Die Teilnehmer waren sich schließlich einig in der Überzeugung, dass beim Thema Fachkräfte weiter Handlungsbedarf bestehe. Die Ausbildung an Hochschulen und in den Betrieben müsse intensiviert werden, hielt etwa Minister Willingmann fest.
Standortmarketing vorantreiben!
Als Konsequenz arbeiteten die Diskussionsteilnehmer heraus, Sachsen-Anhalt müsse besser bei seinen Zielgruppen ankommen. Ob nun Industrieunternehmen, die ihr Geschäft hier auf- oder ausbauen sollen, ob Fachkräfte, die kommen oder bleiben sollen – beides ist eine Aufgabe für das Marketing des Landes.

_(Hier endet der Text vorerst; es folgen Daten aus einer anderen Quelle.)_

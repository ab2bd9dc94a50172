-- ===== src/Command/Told.antt =====
-- The pair command tells the truth about the pairing.
use docker_mobile.Base.{
  ℕ, ◌≤◌, ◌≢◌, inl, inr, Bool, false, none, some, List, [], ◌∷◌, map, arith, ltb, ltb→lt, zero, suc,
  ◌≡◌, ◌<◌, ◌⊎◌, refl, sym, subst, ◌++◌, take, Option, All, leb, not, ◌==◌, if◌then◌else◌,
  Bool-cases, Text, length, nat_eq, text_eq, Result, ok, err,
}
use docker_mobile.Pairing.Manager.{
  Outcome, paired, expired, replaced, voided, cancelled, failed, Pending,
}
use docker_mobile.State.Devices.{Device}
use docker_mobile.Config.Advertised.{Advertise}
use docker_mobile.Admin.{
  Event, Server, event_started, started_event, ending_event, report, info_of, Woke, told, timed_out,
  gone,
}
use docker_mobile.Admin.Client.{
  ClientError, max_line, responded, check_socket_path, exchange, pair, read_events, max_socket_path,
}
use docker_mobile.Command.{
  CommandError, on_event, on_events, of_ending, pair_ending, cmd_pair, paired_line,
}

-- What the command makes of a result: the line for the phone that was paired, and an error otherwise.
pub data Tells : Outcome Device → Result CommandError Text → Type 0 where
  tells_paired : (d : Device) → Tells (paired d) (ok (paired_line (info_of d)))
  tells_not :
      (r : Outcome Device) (e : CommandError) → ((d : Device) → r ≢ paired d) → Tells r (err e)

ending-Tells : (r : Outcome Device) → Tells r (of_ending (ending_event r))
unfolding of_ending ending_event
ending-Tells (paired d) = tells_paired d
ending-Tells expired = tells_not expired _ (λ d e. ground (e, arith))
ending-Tells replaced = tells_not replaced _ (λ d e. ground (e, arith))
ending-Tells voided = tells_not voided _ (λ d e. ground (e, arith))
ending-Tells cancelled = tells_not cancelled _ (λ d e. ground (e, arith))
ending-Tells (failed t) = tells_not (failed t) _ (λ d e. ground (e, arith))

-- A line that the scanner takes and that reads as an event.
abbrev pub IsReadable : (Text → Option Event) → (Event → Text) → Event → Type 0
IsReadable decode encode e = (decode (encode e) ≡ some e) × (length (encode e) < max_line)

-- What the stream holds behind its first event: the ending, or nothing where no phone was paired.
report-cases :
    (woke : Woke) (r : Outcome Device)
    → (report woke r ≡ ending_event r ∷ []) ⊎ ((report woke r ≡ []) × ((d : Device) → r ≢ paired d))
unfolding report
report-cases told r = inl refl
report-cases timed_out r = inl refl
report-cases gone (paired d) = inl refl
report-cases gone expired = inr (refl, λ d e. ground (e, arith))
report-cases gone replaced = inr (refl, λ d e. ground (e, arith))
report-cases gone voided = inr (refl, λ d e. ground (e, arith))
report-cases gone cancelled = inr (refl, λ d e. ground (e, arith))
report-cases gone (failed t) = inr (refl, λ d e. ground (e, arith))

-- The end of the command, from what it was handed.
ending_of : List Event × Option ClientError → Result CommandError Text
ending_of (events, e) =
    let s = on_events events (record { end = none; shown = false }) in pair_ending s.end e s.shown

-- The command ends with an error.
abbrev Fails : Result CommandError Text → Type 0
Fails x = (e : CommandError) × (x ≡ err e)

module _ (decode : Text → Option Event) (ctx_over : Bool) where
  -- Lines that are no events.
  read_broken :
      (broken : List Text)
      → All (λ t. decode t ≡ none) broken
      → (e : ClientError) × (read_events decode ctx_over broken ≡ ([], some e))
  unfolding read_events
  read_broken [] h = (_, refl)
  read_broken (t ∷ ts) h = elim (Bool-cases (leb max_line (length t))) [
    | inl e ↦ rw e (_, refl)
    | inr e ↦ rw (e, h.0) (_, refl)
  ]

  read_line_of :
      (t : Text) (e : Event) (lines : List Text)
      → decode t ≡ some e
      → length t < max_line
      → read_events decode ctx_over (t ∷ lines) ≡ (
          if not (e.event == event_started)
          then (e ∷ [], none)
          else (e ∷ (read_events decode ctx_over lines).0, (read_events decode ctx_over lines).1))
  unfolding read_events
  read_line_of t e lines d l = rw (short (length t) l, d) refl
    where
      short : (n : ℕ) → n < max_line → leb max_line n ≡ false
      short n l = ground (l, arith)

  module _ (encode : Event → Text) (broken : List Text)
      (refused : All (λ t. decode t ≡ none) broken) (s : Server) (later : ℕ) (p : Pending)
      (a : Advertise) where
    first : Event
    first = started_event s later p a

    -- Nothing of the stream arrives.
    none-Fails : Fails (ending_of (read_events decode ctx_over broken))
    unfolding ending_of on_events pair_ending
    none-Fails = let (e, q) = read_broken broken refused in rw q (_, refl)

    -- Only the first event arrives.
    first-Fails :
        IsReadable decode encode first
        → Fails (ending_of (read_events decode ctx_over (encode first ∷ broken)))
    unfolding ending_of on_events on_event pair_ending first started_event
    first-Fails (d, l) =
        let (e, q) = read_broken broken refused in
        rw (read_line_of (encode first) first broken d l, q) (_, refl)

    ended : (r : Outcome Device) → Tells r (ending_of (first ∷ ending_event r ∷ [], none))
    unfolding ending_of on_events on_event pair_ending first started_event ending_event
    ended (paired d) = ending-Tells (paired d)
    ended expired = ending-Tells expired
    ended replaced = ending-Tells replaced
    ended voided = ending-Tells voided
    ended cancelled = ending-Tells cancelled
    ended (failed t) = ending-Tells (failed t)

    ending_stops : (r : Outcome Device) → ((ending_event r).event == event_started) ≡ false
    unfolding ending_event
    ending_stops (paired d) = refl
    ending_stops expired = refl
    ending_stops replaced = refl
    ending_stops voided = refl
    ending_stops cancelled = refl
    ending_stops (failed t) = refl

    -- The ending arrives as well.
    both-Tells :
        (r : Outcome Device) (lines : List Text)
        → IsReadable decode encode first
        → IsReadable decode encode (ending_event r)
        → Tells r (
            ending_of
              (read_events decode ctx_over (encode first ∷ encode (ending_event r) ∷ lines)))
    unfolding first started_event
    both-Tells r lines (d, l) (d', l') =
        rw
          (
            read_line_of (encode first) first (encode (ending_event r) ∷ lines) d l,
            read_line_of (encode (ending_event r)) (ending_event r) lines d' l',
            ending_stops r,
          )
          (ended r)

    -- What arrives of a stream, and what is made of it.
    abbrev Answer : Outcome Device → ℕ → List Event → Type 0
    Answer r n stream =
        let answer =
          ending_of (read_events decode ctx_over (take n (map encode stream) ++ broken)) in
        Tells r answer ⊎ ((n < length stream) × Fails answer)

    stream-Answer :
        (r : Outcome Device) (n : ℕ) (rest : List Event)
        → (rest ≡ ending_event r ∷ []) ⊎ ((rest ≡ []) × ((d : Device) → r ≢ paired d))
        → All (IsReadable decode encode) (first ∷ rest)
        → Answer r n (first ∷ rest)
    stream-Answer r zero rest c h = inr (omega arith, none-Fails)
    stream-Answer r (suc zero) rest (inl c) h = inr (rw c (omega arith), first-Fails h.0)
    stream-Answer r (suc (suc n)) rest (inl c) h =
        subst
          (λ es. All (IsReadable decode encode) (first ∷ es) → Answer r (suc (suc n)) (first ∷ es))
          (sym c) (λ k. inl (both-Tells r (take n [] ++ broken) k.0 k.1.0)) h
    stream-Answer r (suc n) rest (inr (c, not_paired)) h =
        subst (λ es. Answer r (suc n) (first ∷ es)) (sym c) (inl (alone n))
      where
        alone :
            (n : ℕ)
            → Tells r (
                ending_of
                  (read_events decode ctx_over (encode first ∷ (take n (map encode []) ++ broken))))
        alone zero = let (e, q) = first-Fails h.0 in rw q (tells_not r e not_paired)
        alone (suc n) = let (e, q) = first-Fails h.0 in rw q (tells_not r e not_paired)

-- `cmdPair` on what arrives of a stream that `handlePair` wrote, with the status 200 and over a socket
-- whose path is not too long: the first so many lines, and then perhaps lines that are no events. The
-- lines of the stream read back as their events and are shorter than the scanner's limit. If all of them
-- arrive, the command succeeds exactly if a phone was paired, and then names that phone; if not, it does
-- so or ends with an error. It makes no difference how the request woke, or whether the command was
-- interrupted.
pub cmd_pair-Tells :
    (decode : Text → Option Event) (encode : Event → Text) (ctx_over : Bool) (path : Text)
    (s : Server) (later : ℕ) (p : Pending) (a : Advertise) (woke : Woke) (r : Outcome Device)
    (n : ℕ) (broken : List Text)
    → length path ≤ max_socket_path
    → All (IsReadable decode encode) (started_event s later p a ∷ report woke r)
    → All (λ t. decode t ≡ none) broken
    → let stream = started_event s later p a ∷ report woke r in
      let answer =
        cmd_pair decode ctx_over path (responded 200 none (take n (map encode stream) ++ broken)) in
      Tells r answer ⊎ ((n < length stream) × ((e : CommandError) × (answer ≡ err e)))
unfolding cmd_pair pair exchange check_socket_path ending_of first
cmd_pair-Tells decode encode ctx_over path s later p a woke r n broken h readable refused =
    elim (Bool-cases (ltb max_socket_path (length path))) [
      | inl e ↦ absurd (omega (ltb→lt max_socket_path (length path) e, h, arith))
      | inr e ↦ rw e (
          stream-Answer decode ctx_over encode broken refused s later p a r n (report woke r)
            (report-cases woke r) readable)
    ]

IHK-Hauptgeschäftsführer Thomas Brockmeier fasste es so zusammen: Etliche Standort-faktoren sprächen schon heute für Sachsen-Anhalt: Die Partnerschaft zwischen Unternehmen und Gewerkschaften funktioniere weithin. Die Wissenschaft hier sei „ein Trumpf“. Sogenannte weiche Kriterien wie Natur, Kultur und Familienfreundlichkeit stimmten ebenfalls. Hinzugekommen sei nun ein weiterer Vorteil: die hohe Industrieakzeptanz in der Bevölkerung.

"Nur mit wettbewerbsfähigen Unternehmen können wir die Zukunft unseres Landes gestalten. Dafür gehören die richtigen Prioritäten gesetzt. Denn die übergroße Mehrheit der Bürger erwartet genau das, wie unsere repräsentative Umfrage zeigt: Mehr Industrie wagen!"